**WHAT YOU SHOULD DO**
Find every line in the records that holds the string "finished". Copy each one.

━━━━━━━━━━

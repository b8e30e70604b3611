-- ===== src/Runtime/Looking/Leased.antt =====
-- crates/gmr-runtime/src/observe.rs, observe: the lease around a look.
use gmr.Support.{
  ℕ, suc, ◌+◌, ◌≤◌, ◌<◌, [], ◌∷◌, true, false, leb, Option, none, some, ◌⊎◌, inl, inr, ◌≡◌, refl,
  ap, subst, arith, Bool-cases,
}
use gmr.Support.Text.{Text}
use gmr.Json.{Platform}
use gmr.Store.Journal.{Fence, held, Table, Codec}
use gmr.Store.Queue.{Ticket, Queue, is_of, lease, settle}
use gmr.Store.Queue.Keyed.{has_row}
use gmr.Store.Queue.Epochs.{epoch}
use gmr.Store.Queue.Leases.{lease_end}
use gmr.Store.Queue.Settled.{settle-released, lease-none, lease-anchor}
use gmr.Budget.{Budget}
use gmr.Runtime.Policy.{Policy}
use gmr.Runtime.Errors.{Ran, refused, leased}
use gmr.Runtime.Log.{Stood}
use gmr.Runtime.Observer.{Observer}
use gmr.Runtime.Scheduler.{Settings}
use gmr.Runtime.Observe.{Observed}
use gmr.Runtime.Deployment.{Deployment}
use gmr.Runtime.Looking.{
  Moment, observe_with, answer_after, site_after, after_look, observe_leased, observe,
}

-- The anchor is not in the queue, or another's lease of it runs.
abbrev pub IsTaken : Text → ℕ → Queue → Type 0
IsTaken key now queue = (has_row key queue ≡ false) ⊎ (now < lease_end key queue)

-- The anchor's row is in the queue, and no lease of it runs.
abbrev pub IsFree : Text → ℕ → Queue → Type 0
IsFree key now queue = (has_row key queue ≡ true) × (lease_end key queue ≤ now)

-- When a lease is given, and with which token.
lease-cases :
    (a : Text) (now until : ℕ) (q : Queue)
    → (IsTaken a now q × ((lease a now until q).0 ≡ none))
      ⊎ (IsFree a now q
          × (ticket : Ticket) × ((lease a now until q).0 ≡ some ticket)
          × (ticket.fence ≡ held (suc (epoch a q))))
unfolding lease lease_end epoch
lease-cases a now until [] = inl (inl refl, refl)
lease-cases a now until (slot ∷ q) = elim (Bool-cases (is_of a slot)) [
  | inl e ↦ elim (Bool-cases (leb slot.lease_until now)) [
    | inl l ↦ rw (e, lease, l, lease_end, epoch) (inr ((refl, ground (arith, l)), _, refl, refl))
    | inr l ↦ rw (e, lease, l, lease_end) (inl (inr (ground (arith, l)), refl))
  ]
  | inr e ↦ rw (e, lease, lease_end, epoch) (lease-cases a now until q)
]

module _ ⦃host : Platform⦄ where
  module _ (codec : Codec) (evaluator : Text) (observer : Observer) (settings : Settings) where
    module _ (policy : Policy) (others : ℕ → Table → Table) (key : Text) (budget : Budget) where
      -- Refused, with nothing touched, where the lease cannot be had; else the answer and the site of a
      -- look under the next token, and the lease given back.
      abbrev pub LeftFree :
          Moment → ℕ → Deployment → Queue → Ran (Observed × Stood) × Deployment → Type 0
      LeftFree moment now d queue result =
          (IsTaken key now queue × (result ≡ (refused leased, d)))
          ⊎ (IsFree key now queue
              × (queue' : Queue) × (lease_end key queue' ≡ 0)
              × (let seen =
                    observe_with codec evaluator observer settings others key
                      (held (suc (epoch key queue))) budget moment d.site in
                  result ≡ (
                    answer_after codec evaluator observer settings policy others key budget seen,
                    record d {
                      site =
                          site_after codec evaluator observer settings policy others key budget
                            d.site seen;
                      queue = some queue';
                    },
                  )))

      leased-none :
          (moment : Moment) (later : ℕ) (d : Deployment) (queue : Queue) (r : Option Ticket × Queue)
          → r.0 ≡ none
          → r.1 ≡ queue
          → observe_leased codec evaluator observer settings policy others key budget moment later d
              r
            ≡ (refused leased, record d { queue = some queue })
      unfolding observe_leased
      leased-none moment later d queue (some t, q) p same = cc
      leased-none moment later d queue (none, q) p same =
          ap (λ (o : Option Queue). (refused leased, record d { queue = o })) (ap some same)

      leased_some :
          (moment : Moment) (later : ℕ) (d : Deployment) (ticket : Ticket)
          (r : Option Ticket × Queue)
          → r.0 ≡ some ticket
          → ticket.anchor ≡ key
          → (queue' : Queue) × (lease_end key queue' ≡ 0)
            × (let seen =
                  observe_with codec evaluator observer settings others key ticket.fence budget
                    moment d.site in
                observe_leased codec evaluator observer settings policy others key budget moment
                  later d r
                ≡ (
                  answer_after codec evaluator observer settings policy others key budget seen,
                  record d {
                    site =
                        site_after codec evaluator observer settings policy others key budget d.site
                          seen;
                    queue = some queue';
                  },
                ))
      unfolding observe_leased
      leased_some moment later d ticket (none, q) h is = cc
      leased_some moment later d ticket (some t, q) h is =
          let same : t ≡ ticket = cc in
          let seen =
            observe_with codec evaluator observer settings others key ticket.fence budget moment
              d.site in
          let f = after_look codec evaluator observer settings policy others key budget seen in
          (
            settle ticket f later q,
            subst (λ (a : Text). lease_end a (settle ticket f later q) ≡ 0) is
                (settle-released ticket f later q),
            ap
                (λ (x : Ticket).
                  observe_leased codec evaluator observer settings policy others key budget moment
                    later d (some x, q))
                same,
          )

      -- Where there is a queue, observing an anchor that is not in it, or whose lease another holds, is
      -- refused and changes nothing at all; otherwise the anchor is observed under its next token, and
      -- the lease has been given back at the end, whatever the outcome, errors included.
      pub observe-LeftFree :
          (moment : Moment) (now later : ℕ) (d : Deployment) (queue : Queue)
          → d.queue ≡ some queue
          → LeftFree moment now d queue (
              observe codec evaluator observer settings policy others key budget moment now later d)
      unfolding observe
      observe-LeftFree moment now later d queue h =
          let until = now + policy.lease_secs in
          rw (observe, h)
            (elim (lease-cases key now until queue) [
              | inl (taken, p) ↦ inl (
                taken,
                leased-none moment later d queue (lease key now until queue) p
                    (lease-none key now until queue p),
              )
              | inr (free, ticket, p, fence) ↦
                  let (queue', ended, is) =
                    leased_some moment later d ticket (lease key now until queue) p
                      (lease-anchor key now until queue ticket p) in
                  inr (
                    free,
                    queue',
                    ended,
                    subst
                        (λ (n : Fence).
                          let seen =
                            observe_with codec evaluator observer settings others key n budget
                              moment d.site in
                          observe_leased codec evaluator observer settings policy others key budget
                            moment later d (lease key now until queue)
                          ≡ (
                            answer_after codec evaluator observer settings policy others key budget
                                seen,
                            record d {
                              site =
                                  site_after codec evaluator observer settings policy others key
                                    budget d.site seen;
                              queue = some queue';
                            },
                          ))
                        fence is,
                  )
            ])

━━━━━━━━━━

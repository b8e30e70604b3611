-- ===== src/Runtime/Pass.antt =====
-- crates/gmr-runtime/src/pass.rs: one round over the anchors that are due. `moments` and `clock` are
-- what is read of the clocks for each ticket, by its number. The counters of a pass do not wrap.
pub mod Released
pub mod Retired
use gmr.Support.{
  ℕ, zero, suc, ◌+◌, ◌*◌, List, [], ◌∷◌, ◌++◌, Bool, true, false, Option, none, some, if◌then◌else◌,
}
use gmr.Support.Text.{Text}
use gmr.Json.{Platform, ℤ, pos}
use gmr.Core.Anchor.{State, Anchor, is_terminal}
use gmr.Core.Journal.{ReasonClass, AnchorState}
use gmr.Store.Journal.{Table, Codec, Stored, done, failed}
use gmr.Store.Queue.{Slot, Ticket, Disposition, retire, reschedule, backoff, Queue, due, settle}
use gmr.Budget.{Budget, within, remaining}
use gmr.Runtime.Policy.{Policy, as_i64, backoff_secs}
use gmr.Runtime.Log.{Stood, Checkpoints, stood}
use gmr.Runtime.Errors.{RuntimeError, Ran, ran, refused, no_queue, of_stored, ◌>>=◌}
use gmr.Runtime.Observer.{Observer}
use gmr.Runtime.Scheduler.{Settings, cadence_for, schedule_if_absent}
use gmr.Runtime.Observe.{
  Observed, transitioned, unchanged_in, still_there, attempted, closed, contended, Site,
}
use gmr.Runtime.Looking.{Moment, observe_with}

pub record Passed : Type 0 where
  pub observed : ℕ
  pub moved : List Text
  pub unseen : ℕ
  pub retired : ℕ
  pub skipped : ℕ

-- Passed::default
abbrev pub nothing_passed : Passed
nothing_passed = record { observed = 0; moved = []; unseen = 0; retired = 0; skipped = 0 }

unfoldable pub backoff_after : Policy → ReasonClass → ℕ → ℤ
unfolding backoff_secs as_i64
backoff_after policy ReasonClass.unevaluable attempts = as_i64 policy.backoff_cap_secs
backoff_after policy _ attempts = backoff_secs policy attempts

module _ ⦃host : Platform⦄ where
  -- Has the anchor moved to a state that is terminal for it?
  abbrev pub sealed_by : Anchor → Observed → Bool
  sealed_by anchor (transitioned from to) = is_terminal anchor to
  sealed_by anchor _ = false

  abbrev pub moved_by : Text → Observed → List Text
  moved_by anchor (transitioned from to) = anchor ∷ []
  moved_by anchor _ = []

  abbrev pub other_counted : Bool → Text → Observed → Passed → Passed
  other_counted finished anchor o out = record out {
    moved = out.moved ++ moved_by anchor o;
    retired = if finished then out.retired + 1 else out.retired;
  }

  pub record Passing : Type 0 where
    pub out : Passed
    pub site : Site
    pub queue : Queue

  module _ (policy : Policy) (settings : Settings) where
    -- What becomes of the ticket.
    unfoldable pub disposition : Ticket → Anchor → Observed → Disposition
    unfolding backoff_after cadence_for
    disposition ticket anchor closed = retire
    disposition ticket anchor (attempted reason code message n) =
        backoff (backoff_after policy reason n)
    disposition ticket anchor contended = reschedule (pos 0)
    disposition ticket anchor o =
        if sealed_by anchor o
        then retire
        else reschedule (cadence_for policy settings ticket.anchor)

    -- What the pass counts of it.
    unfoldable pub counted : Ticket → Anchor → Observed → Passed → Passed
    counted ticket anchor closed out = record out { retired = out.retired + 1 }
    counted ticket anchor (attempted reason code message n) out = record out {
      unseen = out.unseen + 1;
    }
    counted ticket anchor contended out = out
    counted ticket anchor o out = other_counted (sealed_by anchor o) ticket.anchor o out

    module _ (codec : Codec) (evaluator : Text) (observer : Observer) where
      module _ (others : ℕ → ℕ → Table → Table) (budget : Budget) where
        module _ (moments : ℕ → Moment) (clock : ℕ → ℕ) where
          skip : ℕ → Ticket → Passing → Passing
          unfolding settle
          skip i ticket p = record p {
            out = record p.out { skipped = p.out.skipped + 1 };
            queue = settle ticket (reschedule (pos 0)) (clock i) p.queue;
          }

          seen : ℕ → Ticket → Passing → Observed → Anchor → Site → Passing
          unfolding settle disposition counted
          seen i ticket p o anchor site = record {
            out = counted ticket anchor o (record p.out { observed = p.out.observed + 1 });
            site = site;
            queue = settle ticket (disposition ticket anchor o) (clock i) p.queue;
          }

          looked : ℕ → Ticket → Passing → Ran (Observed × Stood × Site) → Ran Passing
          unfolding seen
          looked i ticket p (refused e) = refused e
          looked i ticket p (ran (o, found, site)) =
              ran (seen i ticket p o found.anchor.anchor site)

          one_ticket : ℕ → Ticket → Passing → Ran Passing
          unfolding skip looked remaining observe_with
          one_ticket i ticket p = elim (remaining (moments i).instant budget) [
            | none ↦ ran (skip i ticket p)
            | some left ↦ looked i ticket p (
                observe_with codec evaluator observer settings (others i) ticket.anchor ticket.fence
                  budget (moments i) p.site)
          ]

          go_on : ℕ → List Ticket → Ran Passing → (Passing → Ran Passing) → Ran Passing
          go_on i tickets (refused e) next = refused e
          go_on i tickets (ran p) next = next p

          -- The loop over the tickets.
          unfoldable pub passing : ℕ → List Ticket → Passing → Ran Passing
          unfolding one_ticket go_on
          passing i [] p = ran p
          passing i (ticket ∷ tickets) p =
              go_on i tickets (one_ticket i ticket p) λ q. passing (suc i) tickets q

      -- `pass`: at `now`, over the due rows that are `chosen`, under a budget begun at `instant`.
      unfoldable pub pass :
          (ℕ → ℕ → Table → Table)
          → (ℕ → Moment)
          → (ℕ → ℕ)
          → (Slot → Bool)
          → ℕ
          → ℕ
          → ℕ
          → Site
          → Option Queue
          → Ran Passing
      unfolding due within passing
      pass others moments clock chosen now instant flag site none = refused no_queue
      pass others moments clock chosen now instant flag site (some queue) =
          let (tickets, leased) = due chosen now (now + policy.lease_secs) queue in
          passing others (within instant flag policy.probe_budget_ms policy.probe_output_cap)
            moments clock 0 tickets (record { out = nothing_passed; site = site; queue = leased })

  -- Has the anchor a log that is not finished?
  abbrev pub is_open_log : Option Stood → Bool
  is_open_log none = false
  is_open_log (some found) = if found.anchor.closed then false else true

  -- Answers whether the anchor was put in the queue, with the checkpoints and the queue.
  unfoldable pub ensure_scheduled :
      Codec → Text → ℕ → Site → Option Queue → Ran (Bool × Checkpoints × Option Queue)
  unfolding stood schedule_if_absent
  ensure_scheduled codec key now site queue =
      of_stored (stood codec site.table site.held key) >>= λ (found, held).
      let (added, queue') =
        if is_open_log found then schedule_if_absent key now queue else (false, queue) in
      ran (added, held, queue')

━━━━━━━━━━

**ANSWER BELOW**
  other_counted finished anchor o out = record out {
    retired = if finished then out.retired + 1 else out.retired;
  -- Has the anchor a log that is not finished?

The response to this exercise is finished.